This story is from October 13, 2020

US auction theory pioneers win Nobel economics prize

US auction theory pioneers win Nobel economics prize
Image credit: Twitter/@Stanford
Two American economists won the Nobel Prize for improving how auctions work, research that underlies much of today’s economy — from the way Google sells advertising to the way telecom companies acquire airwaves from the government.
The discoveries of Paul Milgrom and Robert Wilson, both of Stanford University, “have benefitted sellers, buyers and taxpayers around the world”, the Nobel Committee said.
Wilson was once Milgrom’s PhD adviser, and the two also happen to be neighbours. Reached by phone at his home in California, Milgrom said he received news of their win “in a strange way”. “I got a knock at my door from Bob Wilson,” he said. The two men tackled the tricky problem of making auctions work efficiently.
Among the insights of the two Stanford University economists is an explanation of how bidders seek to avoid the so-called “winner’s curse” of over-paying, and what happens when bidders gain a better understanding of their rivals’ sense of value. Milgrom and Wilson notably came up with formats for selling interrelated items simultaneously.
Wilson showed that rational bidders tend to place bids below their own best estimate of what he called the “common value” — that is, when the value of an item is deemed to be the same for everyone — for fear of paying too much. Milgrom complemented that with theories on “private values”, when the perceived value of something differs from bidder to bidder. He demonstrated that an auction format will give the seller higher expected revenue when bidders learn more about each other’s estimated values during the bidding process.
In 1994, US authorities used one of their auction designs to sell radio frequencies to telecom operators. Milgrom and Wilson (with help from Preston McAfee, now at Google) designed an auction format in which all the licenses were sold in one go. That format discourages speculators from buying up frequencies in a specific geographic area and then reselling them to big telecommunications firms seeking to patch together national or regional networks. The auction raised $617 million — selling frequencies that previously were handed out for virtually nothing — and became a model for countries from Canada to India. The format has also been used to auction off electricity and natural gas.

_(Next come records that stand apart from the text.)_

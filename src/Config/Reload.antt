-- ===== src/Config/Reload.antt =====
-- internal/config/config.go: what a configuration in force satisfies, and what a reload changes.
use grabarr.Common.{
  [], ◌=t◌, ◌||◌, has_prefix, codes, true, false, ◌≡◌, pos, ◌≤ℤ◌, Result, ok, err, arith,
}
use grabarr.Config.{Config, validate, load_config, reload}

-- What a valid configuration is. A token or a user that still has the name of a variable of the
-- environment, `${…}`, counts as none.
pub record IsSound (c : Config) : Type 0 where
  pub port_low : pos 1 ≤ℤ c.server.port
  pub port_high : c.server.port ≤ℤ pos 65535
  pub limit : pos 1 ≤ℤ c.jobs.max_concurrent
  pub retries : pos 0 ≤ℤ c.jobs.max_retries
  pub token :
      c.notifications.pushover.enabled ≡ true
      → (c.notifications.pushover.token =t []
          || has_prefix c.notifications.pushover.token (codes "${"))
        ≡ false
  pub user :
      c.notifications.pushover.enabled ≡ true
      → (c.notifications.pushover.user =t []
          || has_prefix c.notifications.pushover.user (codes "${"))
        ≡ false

validate-IsSound : (c : Config) → validate c ≡ ok tt → IsSound c
unfolding validate
validate-IsSound c h = ground arith

-- A configuration that was loaded has a port from 1 to 65535, runs at least one job at a time,
-- allows no negative number of retries, and has a token and a user if notifications are enabled.
pub load_config-IsSound :
    (read : Result Config) (directories : Result Unit) (c : Config)
    → load_config read directories ≡ ok c
    → IsSound c
unfolding load_config
load_config-IsSound (err e) directories c h = ground arith
load_config-IsSound (ok d) directories c h = ground (arith, validate-IsSound d)

-- A reload that fails leaves the configuration in force as it was; one that succeeds replaces every
-- part of it by the new one's but for the downloads, which stay the old ones.
pub reload-downloads :
    (read : Result Config) (directories : Result Unit) (c : Config)
    → reload (load_config read directories) c ≡ elim (load_config read directories) [
      | err e ↦ (err e, c)
      | ok new ↦ (ok tt, record new { downloads = c.downloads })
    ]
unfolding reload
reload-downloads read directories c = ground (arith, load_config read directories)
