-- ===== src/Tests/MainRuns.antt =====
-- cmd/grabarr, the watcher of the configuration and the goroutines of a transfer, on concrete
-- values.
use grabarr.Common.{
  ◌≡◌, ◌≤◌, ◌≤ℤ◌, refl, true, false, none, some, List, [], ◌∷◌, ◌++◌, length, Text, codes, pos, ok,
  err, wrapped, arith,
}
use grabarr.Config.{Config, load_config, validate}
use grabarr.Config.Reload.{IsSound}
use grabarr.Config.Watch.{
  Platform, load, load_file, Shared, WatchEvent, file_event, watches, receives, watcher_error,
  watch_config, signal_at,
}
use grabarr.Config.Watch.Laws.{
  watch_config-signaled, watch_config-downloads, not_loaded, load-failed,
}
use grabarr.Models.Job.{JobProgress, no_progress}
use grabarr.Models.Job.Status.{JobStatus}
use grabarr.Repository.Jobs.{get_job, update_job}
use grabarr.Repository.Jobs.Laws.{status_of}
use grabarr.Queue.State.{Queue, capacity}
use grabarr.Queue.Lifetime
use grabarr.Queue.Lifetime.Stopping.{stop-status}
use grabarr.Queue.Events.{Event}
use grabarr.Main.{
  App, Host, works, reloads, wakes, queue_after, queue_stopped, context_canceled, server_shut_down,
  new_app, shut_down, run,
}
use grabarr.Main.Closing.{open_parts, run-closed}
use grabarr.Main.Bounds.{run-bounded}
use grabarr.Main.Shutdown.{alerts, shut_down-calls}
use grabarr.RsyncClient.{parse_progress_line}
use grabarr.RsyncClient.Goroutines.{Copying, Move, copy_started, run_moves}
use grabarr.RsyncClient.Goroutines.Laws.{
  run_moves-panics, run_moves-safe, run_moves-outcome, sent_outcomes,
}
use grabarr.Tests.Data.{quiet_world, settings, four_jobs, one_waits, broken}
use grabarr.Tests.OtherRuns.{configuration}
use grabarr.Tests.ApiRuns.{one_remote}
use grabarr.Tests.ServiceRuns.{formats, platform}
use grabarr.Notifications.{not_sent}

abbrev serving : Queue
serving = record one_waits { running = true }

stop-status_example :
    ((Lifetime.stop settings serving).0 ≡ ok tt)
    × (status_of 2 (Lifetime.stop settings serving).1.db ≡ some JobStatus.queued)
stop-status_example = stop-status settings (λ n. refl) serving 2 refl

-- The configuration with a notifier, of which two jobs are told: one that ran and one that waits.
abbrev noisy : Config
noisy = record one_remote {
  notifications = record { pushover = record one_remote.notifications.pushover { enabled = true } };
}

abbrev host : Host
host = record {
  variable = [];
  exists = λ path. true;
  read_config = λ path. ok one_remote;
  directories = ok tt;
  open_repository = λ path. ok four_jobs;
  world = quiet_world;
  gate = λ n size. true;
  format_time = λ t. [];
  errorf = λ format. format;
  formats = formats;
  http = λ r. not_sent broken;
  now = 5;
  steps = works Event.ticks ∷ reloads noisy ∷ wakes ∷ works Event.receives ∷ [];
  ending = [];
}

run-closed_example : open_parts (run host new_app).1.calls ≡ some []
run-closed_example = run-closed host

run-bounded_example :
    let q : Queue = (run host new_app).1.queue in
    (length q.job_queue ≤ capacity) × (pos (length q.active_jobs) ≤ℤ pos 2)
unfolding load_config validate
run-bounded_example = run-bounded host one_remote (pos 2) refl (omega arith) (omega arith, tt) tt

abbrev app : App
app = record new_app { queue = serving }

shut_down-calls_example :
    (shut_down host noisy configuration app).1.calls
    ≡ alerts host noisy 2 ++ context_canceled ∷ queue_stopped ∷ server_shut_down ∷ []
unfolding queue_after Lifetime.stop get_job update_job
shut_down-calls_example = shut_down-calls host noisy (λ n. refl) configuration app

abbrev system : Platform
system = record {
  read_file = λ path. ok [];
  expand_env = λ text. text;
  unmarshal = λ text. ok configuration;
  mkdir_all = λ path. none;
}

abbrev no_file : Platform
no_file = record system { read_file = λ path. err broken }

load-failed_example :
    ((load no_file (codes "/config.yaml") not_loaded).0
      ≡ (none, some (wrapped (codes "failed to read config file") broken)))
    × ((load system (codes "/other.yaml") (load no_file (codes "/config.yaml") not_loaded).1).0
        ≡ (none, none))
unfolding load_file
load-failed_example =
    load-failed no_file system (codes "/config.yaml") (codes "/other.yaml")
      (wrapped (codes "failed to read config file") broken) refl

abbrev shared : Shared
shared = record { config = configuration; watchers = false ∷ false ∷ [] }

watch_config-signaled_example :
    signal_at 1
      (watch_config
        (codes "/config/config.yaml")
        (file_event (codes "/config/config.yaml") true false system
          ∷ receives 0
          ∷ watcher_error broken
          ∷ [])
        shared).watchers
    ≡ true
unfolding load_file validate
watch_config-signaled_example =
    watch_config-signaled (codes "/config/config.yaml") 1 (codes "/config/config.yaml") true false
      system configuration shared (receives 0 ∷ watcher_error broken ∷ []) refl refl refl (refl, tt)

configuration-IsSound : IsSound configuration
configuration-IsSound = record {
  port_low = omega arith;
  port_high = omega arith;
  limit = omega arith;
  retries = omega arith;
  token = λ e. absurd (ground (arith, e));
  user = λ e. absurd (ground (arith, e));
}

abbrev changes : List WatchEvent
changes =
    file_event (codes "/config/config.yaml") false true (record system {
      unmarshal = λ text. ok (record configuration {
        downloads = record { local_path = codes "/new"; allowed_categories = [] };
      });
    })
    ∷ watches
    ∷ []

watch_config-downloads_example :
    IsSound (watch_config (codes "/config/config.yaml") changes shared).config
    × ((watch_config (codes "/config/config.yaml") changes shared).config.downloads
        ≡ configuration.downloads)
watch_config-downloads_example =
    watch_config-downloads (codes "/config/config.yaml") configuration changes shared
      configuration-IsSound refl

abbrev output : Text
output = codes "8,745 21% 10.26MB/s 0:51:13"

abbrev started : Copying
started = copy_started output 0

abbrev first_report : JobProgress
first_report = record no_progress {
  percentage = 21;
  transferred_bytes = pos 8745;
  transfer_speed = pos 1048576;
  eta = some 3073000000000;
  last_update_time = 1;
}

run_moves-panics_example :
    (run_moves platform none
      (Move.exits 1 ∷ Move.advances ∷ Move.takes ∷ Move.sends ∷ [])
      started).panicked
    ≡ true
unfolding copy_started parse_progress_line
run_moves-panics_example =
    run_moves-panics platform none started 1 output [] first_report refl refl refl refl refl

run_moves-safe_example :
    (run_moves platform none
      (Move.takes ∷ Move.sends ∷ Move.exits 0 ∷ Move.advances ∷ Move.takes ∷ [])
      started).panicked
    ≡ false
unfolding run_moves copy_started
run_moves-safe_example =
    run_moves-safe platform none
      (Move.takes ∷ Move.sends ∷ Move.exits 0 ∷ Move.advances ∷ Move.takes ∷ []) output 0
      (refl, refl, tt)

run_moves-outcome_example :
    let s : Copying =
      run_moves platform
        (some broken)
        (Move.exits 0 ∷ Move.advances ∷ Move.advances ∷ Move.advances ∷ [])
        started in
    (s.done_chan ≡ sent_outcomes platform (some broken) s.waiter)
    × (length s.transfer_state.progress_chan ≤ 10)
run_moves-outcome_example =
    run_moves-outcome platform (some broken)
      (Move.exits 0 ∷ Move.advances ∷ Move.advances ∷ Move.advances ∷ []) output 0
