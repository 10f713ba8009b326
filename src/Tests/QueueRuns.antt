-- ===== src/Tests/QueueRuns.antt =====
-- internal/queue/queue.go: the queue's operations, the scheduler and the loading of jobs on concrete
-- values.
use grabarr.Common.{
  suc, ◌≡◌, refl, true, false, none, some, [], ◌∷◌, ◌++◌, codes, plain, wrapped, error_text, ok,
  err, All, arith,
}
use grabarr.Models.Job.{Job, mark_cancelled, is_extraction_job, archive_group, string, no_metadata}
use grabarr.Models.Job.Status.{JobStatus}
use grabarr.Archive.{is_first_part}
use grabarr.Repository.Jobs.{inserted, get_job, update_job}
use grabarr.Repository.Jobs.Laws.{row_of, status_of, updated_row}
use grabarr.Queue.State.{Queue, Env, find_active}
use grabarr.Queue.Ops.{cancel_job, retry_job, enqueue, with_defaults}
use grabarr.Queue.Ops.Laws.{
  cancel_job-row, retry_job-failed, enqueue-row, enqueue-failed, enqueue_alert,
}
use grabarr.Queue.Archives.{plan_extraction, extraction_job}
use grabarr.Queue.Archives.Laws.{IsDone, plan_extraction-once}
use grabarr.Queue.Scheduler.{can_schedule_new_job, scheduler_receive}
use grabarr.Queue.Scheduler.Laws.{scheduler_receive-blocked, cancel_job-scheduler_receive}
use grabarr.Queue.Execute.{begin_job}
use grabarr.Queue.Lifetime.{load_existing_jobs}
use grabarr.Queue.Lifetime.Recovery.{load_existing_jobs-status}
use grabarr.Tests.Data.{
  table-IsValid, broken_world, broken, waiting_job, running_job, failed_job, done_job, four_jobs,
  settings, one_waits,
}

cancel_job-row_example :
    let (r, q') = cancel_job settings 2 one_waits in
    (r ≡ ok tt)
    × (row_of 2 q'.db ≡ updated_row 2 101 (mark_cancelled 100 running_job) 2 (row_of 2 four_jobs))
    × (find_active 2 q'.active_jobs ≡ none)
    × (q'.job_queue ≡ waiting_job ∷ [])
cancel_job-row_example = cancel_job-row settings (λ n. refl) 2 one_waits running_job 2 refl refl

abbrev fresh_job : Job
fresh_job = record failed_job { status = JobStatus.queued; error_message = []; retries = 0 }

retry_job-failed_example :
    let (r, q') = retry_job settings 3 one_waits in
    (row_of 3 q'.db ≡ updated_row 3 100 fresh_job 3 (row_of 3 four_jobs))
    × (r ≡ ok tt)
    × (q'.job_queue ≡ waiting_job ∷ fresh_job ∷ [])
retry_job-failed_example = retry_job-failed settings (λ n. refl) 3 one_waits failed_job 3 refl refl

abbrev saved_job : Job
saved_job = record (with_defaults settings waiting_job) {
  id = 5;
  created_at = 101;
  updated_at = 102;
}

enqueue-row_example :
    let (r, q') = enqueue settings waiting_job one_waits in
    (r ≡ ok saved_job)
    × (row_of 5 four_jobs ≡ none)
    × (row_of 5 q'.db ≡ some (inserted 5 100 (with_defaults settings waiting_job)))
    × (q'.job_queue ≡ waiting_job ∷ saved_job ∷ [])
enqueue-row_example = enqueue-row settings (λ n. refl) waiting_job one_waits 5 table-IsValid

enqueue-failed_example :
    let env = record settings { world = broken_world } in
    let (r, q') = enqueue env waiting_job one_waits in
    (r
      ≡ err (
          plain (
            codes "failed to create job in database: "
            ++ error_text (wrapped (codes "failed to create job") broken))))
    × (q'.db.jobs ≡ four_jobs.jobs)
    × (q'.job_queue ≡ waiting_job ∷ [])
    × (q'.notices ≡ enqueue_alert waiting_job broken ∷ [])
enqueue-failed_example =
    enqueue-failed (record settings { world = broken_world }) waiting_job one_waits broken refl

abbrev closed : Env
closed = record settings { gate = λ n size. false }

abbrev pending_job : Job
pending_job = record waiting_job { status = JobStatus.pending }

scheduler_receive-blocked_example :
    let q' = (scheduler_receive closed one_waits).1 in
    (q'.job_queue ≡ pending_job ∷ [])
    × (q'.runs ≡ [])
    × (q'.active_jobs ≡ (2, 1) ∷ [])
    × (row_of 1 q'.db ≡ updated_row 1 100 pending_job 1 (row_of 1 four_jobs))
scheduler_receive-blocked_example =
    scheduler_receive-blocked closed one_waits waiting_job [] 1 refl (omega arith) (λ _. refl) refl

abbrev none_active : Queue
none_active = record one_waits { active_jobs = [] }

cancelled_room : can_schedule_new_job settings (cancel_job settings 1 none_active).1 ≡ true
unfolding cancel_job get_job update_job
cancelled_room = refl

cancel_job-scheduler_receive_example :
    let q1 = (cancel_job settings 1 none_active).1 in
    let q2 = (scheduler_receive settings q1).1 in
    (status_of 1 q1.db ≡ some JobStatus.cancelled)
    × (q2.runs
        ≡ q1.runs
          ++ record { context = suc q1.last_context; job = waiting_job; attempt = none } ∷ [])
    × (status_of 1 (begin_job settings waiting_job q2).1.db ≡ some JobStatus.running)
cancel_job-scheduler_receive_example =
    cancel_job-scheduler_receive settings (λ n. refl) none_active waiting_job [] waiting_job refl
      refl refl cancelled_room refl

load_existing_jobs-status_example :
    status_of 2 (load_existing_jobs settings one_waits).1.db ≡ some JobStatus.queued
load_existing_jobs-status_example =
    load_existing_jobs-status settings (λ n. refl) one_waits 2 (refl, (refl, (refl, (refl, tt))))
      refl

abbrev part_job : Job
part_job = record done_job {
  name = codes "a.rar";
  metadata = record no_metadata {
    extra_fields = (codes "archive_group", string (codes "/seed/a")) ∷ [];
  };
}

planned :
    plan_extraction settings (codes "/seed/a") (part_job ∷ [])
    ≡ some (extraction_job settings (codes "/seed/a") part_job)
unfolding plan_extraction is_first_part
planned = refl

plan_extraction-once_example :
    let e = extraction_job settings (codes "/seed/a") part_job in
    (is_extraction_job e ≡ true)
    × (archive_group e ≡ codes "/seed/a")
    × All IsDone (part_job ∷ [])
    × (plan_extraction settings (codes "/seed/a") (part_job ∷ e ∷ []) ≡ none)
plan_extraction-once_example =
    plan_extraction-once settings (codes "/seed/a") (part_job ∷ [])
      (extraction_job settings (codes "/seed/a") part_job) planned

The effects of their work can be seen all around. “Online advertising is sold at auction,” said David Warsh, who tracks economic research at his blog Economic Principals. “That Google was able to adopt the method so quickly and seamlessly depended entirely on theory developed by Milgrom and his competitors and their students.” Last year the honour went to India-born Abhijit Banerjee, French-American Esther Duflo, and American Michael Kremer for their work on alleviating poverty.